Wheat.Millington said:


> I'm more than happy to share my code, just don't scrutinise it too closely because my coding skills are... not great. I'll update my github when I get home and share it then.


Regarding this, I had a hard drive die and I think it took my source code with it :'(

I'm going to have to re-write it because I had some improvements in mind... ugh.


----------



## Wheat.Millington (Dec 9, 2021)

OK I have rewritten the code and uploaded it to Github, now merged to the master branch here:








						GitHub - WheatMillington/electronic-leadscrew: Lathe electronic leadscrew controller
					

Lathe electronic leadscrew controller. Contribute to WheatMillington/electronic-leadscrew development by creating an account on GitHub.




					github.com
				




This compiled just fine on the latest version of CCS.


----------



## Just for fun (Dec 9, 2021)

That's pretty cool.  I looked at your info just for kicks and grins.  It wasn't exactly Greek but pretty dam near it.  Years ago, I used to play around on an Apple IIe writing some programs.  It was just for the fun of it and well girls and motorcycles took presidents and computer programing didn't only take the back burner, but it completely fell off the stove.

Welcome to the site!  I'm pretty new here also and I don't even have any equipment yet.  Although it is on the way, currently on a ship somewhere between Tiawan and the USA.

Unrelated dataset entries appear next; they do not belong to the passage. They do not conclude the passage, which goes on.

-- ===== src/Group/History.antt =====
-- group/dlm_controld/cpg.c: the history of the nodes of a lockspace, which says what must be waited
-- for after a failure.
use dlm.Base.{
  ℕ, Bool, true, not, ◌&&◌, Option, none, some, List, [], ◌∷◌, ◌++◌, ◌==◌, if◌then◌else◌,
}
use dlm.Plock.Types.{Mem, malloc}
use dlm.Group.Types.{Node, new_node, GroupEnv}

unfoldable pub get_node_history : List Node → ℕ → Option Node
get_node_history [] nodeid = none
get_node_history (n ∷ rest) nodeid =
    if n.nodeid == nodeid then some n else get_node_history rest nodeid

-- Writes to the node that `get_node_history` finds.
unfoldable pub change_node : (Node → Node) → ℕ → List Node → List Node
change_node f nodeid [] = []
change_node f nodeid (n ∷ rest) =
    if n.nodeid == nodeid then f n ∷ rest else n ∷ change_node f nodeid rest

unfoldable pub node_history_init : ℕ → ℕ → List Node → Mem → List Node × Mem
unfolding get_node_history change_node malloc
node_history_init nodeid seq nodes mem = elim (get_node_history nodes nodeid) [
  | some n ↦ (change_node (λ n'. record n' { added_seq = seq }) nodeid nodes, mem)
  | none ↦
      let (given, mem') = malloc mem in
      if given
      then (nodes ++ record (new_node nodeid) { added_seq = seq } ∷ [], mem')
      else (nodes, mem')
]

unfoldable pub node_history_start : ℕ → ℕ → List Node → List Node
unfolding change_node
node_history_start time nodeid = change_node (λ n. record n { add_time = time }) nodeid

unfoldable pub node_history_left : ℕ → ℕ → List Node → List Node
unfolding change_node
node_history_left nodeid seq =
    change_node (λ n. record n { add_time = 0; removed_seq = seq }) nodeid

-- What `node_history_fail` does to the node that it finds.
abbrev pub fail_node : GroupEnv → Bool → ℕ → ℕ → Node → Node
fail_node env fs_registered seq reason n =
    let fenced =
      if env.enable_fencing && not (n.add_time == 0)
      then record n { check_fencing = true; fence_time = 0; fence_queries = 0 }
      else n in
    record fenced {
      check_quorum = if env.enable_quorum && not env.enable_fencing then true else n.check_quorum;
      check_fs = if fs_registered then true else n.check_fs;
      removed_seq = seq;
      failed_reason = reason;
    }

unfoldable pub node_history_fail : GroupEnv → Bool → ℕ → ℕ → ℕ → List Node → List Node
unfolding change_node
node_history_fail env fs_registered nodeid seq reason =
    change_node (fail_node env fs_registered seq reason) nodeid

-- The results of `set_fs_notified`.
pub data Notified : Type 0 where
  done esrch eagain : Notified

unfoldable pub set_fs_notified : ℕ → List Node → List Node × Notified
unfolding get_node_history change_node
set_fs_notified nodeid nodes = elim (get_node_history nodes nodeid) [
  | none ↦ (nodes, esrch)
  | some n ↦
      if not n.check_fs
      then (nodes, eagain)
      else (change_node (λ n'. record n' { fs_notified = true }) nodeid nodes, done)
]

Looking forward to seeing your setup up and running!

Tim


----------



## xr650rRider (Dec 10, 2021)

Wheat.Millington said:


> OK I have rewritten the code and uploaded it to Github, now merged to the master branch here:
> 
> 
> 
> ...



Good job, code works. I'm still using CSS 9.3 and made changes in my source.  I might not ever use it but nice to know it's there if I need to.  One thing was I had to change back to Encoder_Max_Count 0x00ffffff or my servo got very jumpy as I was turning spindle.  

 Original  

#define _ENCODER_MAX_COUNT 0x00ffffffYour code
   #define _ENCODER_MAX_COUNT 0xffffffff


----------



## Wheat.Millington (Dec 11, 2021)

xr650rRider said:


> Good job, code works. I'm still using CSS 9.3 and made changes in my source.  I might not ever use it but nice to know it's there if I need to.  One thing was I had to change back to Encoder_Max_Count 0x00ffffff or my servo got very jumpy as I was turning spindle.
> 
> Original
> 
> ...



Thanks - I wondered why James' original code used a value lower than a full 32 bit uint. Honestly I don't understand why this causes an issue, but the only reason I extended it to 0xfffffff was so I didn't have to manage under/overflows lol. No problem, I'll revert that to its original value and introduce some under-overflow management to the spindle position.


----------



## Wheat.Millington (Dec 11, 2021)

Just for fun said:


> That's pretty cool.  I looked at your info just for kicks and grins.  It wasn't exactly Greek but pretty dam near it.  Years ago, I used to play around on an Apple IIe writing some programs.  It was just for the fun of it and well girls and motorcycles took presidents and computer programing didn't only take the back burner, but it completely fell off the stove.
> 
> Welcome to the site!  I'm pretty new here also and I don't even have any equipment yet.  Although it is on the way, currently on a ship somewhere between Tiawan and the USA.
> 
> ...


Cheers, I'm definitely not a coder by any stretch but I have a pretty big advantage - my brother is a software engineer so I've got help whenever I need it. I learned BASIC when I was 7 or 8, and still use it to this day writing macros in excel for my work. That's the extent of my programming experience.


----------



## xr650rRider (Dec 11, 2021)

Wheat.Millington said:


> Thanks - I wondered why James' original code used a value lower than a full 32 bit uint. Honestly I don't understand why this causes an issue, but the only reason I extended it to 0xfffffff was so I didn't have to manage under/overflows lol. No problem, I'll revert that to its original value and introduce some under-overflow management to the spindle position.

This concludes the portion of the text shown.